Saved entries
*-*-*

-- ===== src/Certificates/Inversion.antt =====
-- A method that returned a value went through each of its parts.
use neo_line.Prelude.{
  ℕ, ◌≤◌, ◌≡◌, refl, Bool, true, false, Option, none, some, List, [], ◌∷◌, arith, Result, ok, err,
  Error, first, any, count_if, All, Bool-cases, inl, inr, or_none, DriverError, sym, ap, ◌<◌,
}
use neo_line.Mongo.Documents.{
  Outcome, done, rejected, unacknowledged, perform, answer, update_first,
}
use neo_line.Certificates.Types.{CertificateOperation}
use neo_line.Certificates.Store.{
  return, Store, Method, execute, ◌>>=◌, ◌>>◌, require, require_matched, read_operations,
  on_operations, from,
}

module _ {A B : Type 0} where
  bound :
      (f : A → Method B) (r : Store × Result A) (s t : Store) (b : B)
      → ◌>>=◌ (λ _. r) f s ≡ (t, ok b)
      → (a : A) × (u : Store) × (r ≡ (u, ok a)) × (f a u ≡ (t, ok b))
  unfolding execute
  bound f (u, ok a) s t b h = (a, u, refl, h)
  bound f (u, err e) s t b h = cc (ap (λ (r : Store × Result B). r.1) h)

  pub >>=-ok :
      (m : Method A) (f : A → Method B) (s t : Store) (b : B)
      → (m >>= f) s ≡ (t, ok b)
      → (a : A) × (u : Store) × (m s ≡ (u, ok a)) × (f a u ≡ (t, ok b))
  unfolding execute
  >>=-ok m f s t b h = bound f (m s) s t b h

module _ {B : Type 0} where
  pub >>-ok :
      (m : Method (Unit {0})) (k : Method B) (s t : Store) (b : B)
      → (m >> k) s ≡ (t, ok b)
      → (u : Store) × (m s ≡ (u, ok tt)) × (k u ≡ (t, ok b))
  unfolding execute
  >>-ok m k s t b h = let (a, u, p, q) = >>=-ok m (λ _. k) s t b h in (u, p, q)

pub return-ok : {A : Type 0} (a b : A) (s t : Store) → return a s ≡ (t, ok b) → s ≡ t
unfolding execute
return-ok {A} a b s t h = ap (λ (r : Store × Result A). r.0) h

pub return-value : {A : Type 0} (a b : A) (s t : Store) → return a s ≡ (t, ok b) → a ≡ b
unfolding execute
return-value {A} a b s t h = ground arith

pub from-ok :
    {A : Type 0} (r : Result A) (a : A) (s t : Store) → from r s ≡ (t, ok a) → (r ≡ ok a) × (t ≡ s)
unfolding execute
from-ok {A} r a s t h =
    (ap (λ (w : Store × Result A). w.1) h, sym (ap (λ (w : Store × Result A). w.0) h))

pub require-ok :
    (b : Bool) (e : Error) (s t : Store) → require b e s ≡ (t, ok tt) → (b ≡ true) × (t ≡ s)
unfolding execute
require-ok true e s t h = (refl, sym (ap (λ (r : Store × Result (Unit {0})). r.0) h))
require-ok false e s t h = cc (ap (λ (r : Store × Result (Unit {0})). r.1) h)

pub require_matched-ok :
    (n : ℕ) (e : Error) (s t : Store) → require_matched n e s ≡ (t, ok tt) → (0 < n) × (t ≡ s)
unfolding execute
require_matched-ok ℕ.zero e s t h = cc (ap (λ (r : Store × Result (Unit {0})). r.1) h)
require_matched-ok (ℕ.suc n) e s t h =
    (omega arith, sym (ap (λ (r : Store × Result (Unit {0})). r.0) h))

pub answer-ok :
    {R : Type 0} (o : Option DriverError) (r : Result R) (x : R) → answer o r ≡ ok x → r ≡ ok x
answer-ok none r x h = h
answer-ok (some e) r x h = cc

pub or_none-ok : {R : Type 0} (o : Option R) (x : R) → or_none o ≡ ok x → o ≡ some x
or_none-ok none x h = cc
or_none-ok (some y) x h = ground arith

pub perform-ok :
    {S R : Type 0} (o : Outcome) (s s' t : S) (r : Result R) (x : R)
    → perform o s s' r ≡ (t, ok x)
    → (t ≡ s') × (r ≡ ok x)
perform-ok {S} {R} done s s' t r x h =
    (sym (ap (λ (w : S × Result R). w.0) h), ap (λ (w : S × Result R). w.1) h)
perform-ok {S} {R} (rejected e) s s' t r x h = cc (ap (λ (w : S × Result R). w.1) h)
perform-ok {S} {R} (unacknowledged e) s s' t r x h = cc (ap (λ (w : S × Result R). w.1) h)

module _ {A : Type 0} where
  pub on_operations-ok :
      (m : List CertificateOperation → List CertificateOperation × Result A) (s t : Store) (x : A)
      → on_operations m s ≡ (t, ok x)
      → (m s.operations ≡ (t.operations, ok x)) × (t.certificates ≡ s.certificates)
  unfolding execute
  on_operations-ok m s t x h = (
    λ i. ((h i).0.operations, (h i).1),
    λ i. sym (ap (λ (w : Store × Result A). w.0.certificates) h) i,
  )

  pub read_operations-ok :
      (q : List CertificateOperation → Result A) (s t : Store) (x : A)
      → read_operations q s ≡ (t, ok x)
      → (q s.operations ≡ ok x) × (t ≡ s)
  unfolding execute
  read_operations-ok q s t x h =
      (ap (λ (w : Store × Result A). w.1) h, sym (ap (λ (w : Store × Result A). w.0) h))

module _ {A : Type 0} (q : A → Bool) where
  -- Where no element passes, none does.
  pub count_if-zero : (xs : List A) → count_if q xs ≡ 0 → All (λ x. q x ≡ false) xs
  count_if-zero [] h = tt
  count_if-zero (x ∷ xs) h = elim (Bool-cases (q x)) [
    | inl e ↦ absurd (ground arith)
    | inr e ↦ (e, count_if-zero xs (ground arith))
  ]

  count_if-any :
      (p : A → Bool) (xs : List A)
      → ((x : A) → p x ≡ true → q x ≡ true)
      → any p xs ≡ true
      → 1 ≤ count_if q xs
  count_if-any p [] k h = cc
  count_if-any p (x ∷ xs) k h = ground (arith, k x, count_if-any p xs k)

  abbrev pub IsUpdated : (A → Bool) → (A → A) → A → Type 0
  IsUpdated p f y = q y ≡ true → (x : A) × (p x ≡ true) × (y ≡ f x)

  unpassed-IsUpdated :
      (p : A → Bool) (f : A → A) (xs : List A) → All (λ x. q x ≡ false) xs → All (IsUpdated p f) xs
  unpassed-IsUpdated p f [] h = tt
  unpassed-IsUpdated p f (x ∷ xs) h = ((λ e. cc (h.0)), unpassed-IsUpdated p f xs h.1)

  -- Where at most one element passes `q`, an update of one that does leaves no other.
  pub update_first-IsUpdated :
      (p : A → Bool) (f : A → A) (xs : List A)
      → ((x : A) → p x ≡ true → q x ≡ true)
      → count_if q xs ≤ 1
      → any p xs ≡ true
      → All (IsUpdated p f) (update_first p f xs)
  unfolding update_first
  update_first-IsUpdated p f [] k u h = cc
  update_first-IsUpdated p f (x ∷ xs) k u h = elim (Bool-cases (p x)) [
    | inl e ↦
        rw e (
          (λ _. (x, e, refl)),
          unpassed-IsUpdated p f xs (count_if-zero xs (ground (arith, k x e))),
        )
    | inr e ↦
        let rest : any p xs ≡ true = ground arith in
        let passed = count_if-any p xs k rest in
        let skipped : q x ≡ false = ground arith in
        rw e ((λ t. cc skipped), update_first-IsUpdated p f xs k (ground arith) rest)
  ]

pub first-any :
    {A : Type 0} (p : A → Bool) (xs : List A) (x : A) → first p xs ≡ some x → any p xs ≡ true
first-any p [] x h = cc
first-any p (y ∷ ys) x h = ground (arith, first-any p ys x)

*-*-*

**Exercise requirements**
Your answer should consist solely of the lines above from the line with "ok x) × (t ≡ s)" to the line with "count_if-zero (x ∷", both included, reproduced exactly.

**Worked solution**
      → (q s.operations ≡ ok x) × (t ≡ s)
  unfolding execute
  read_operations-ok q s t x h =
      (ap (λ (w : Store × Result A). w.1) h, sym (ap (λ (w : Store × Result A). w.0) h))

module _ {A : Type 0} (q : A → Bool) where
  -- Where no element passes, none does.
  pub count_if-zero : (xs : List A) → count_if q xs ≡ 0 → All (λ x. q x ≡ false) xs
  count_if-zero [] h = tt
  count_if-zero (x ∷ xs) h = elim (Bool-cases (q x)) [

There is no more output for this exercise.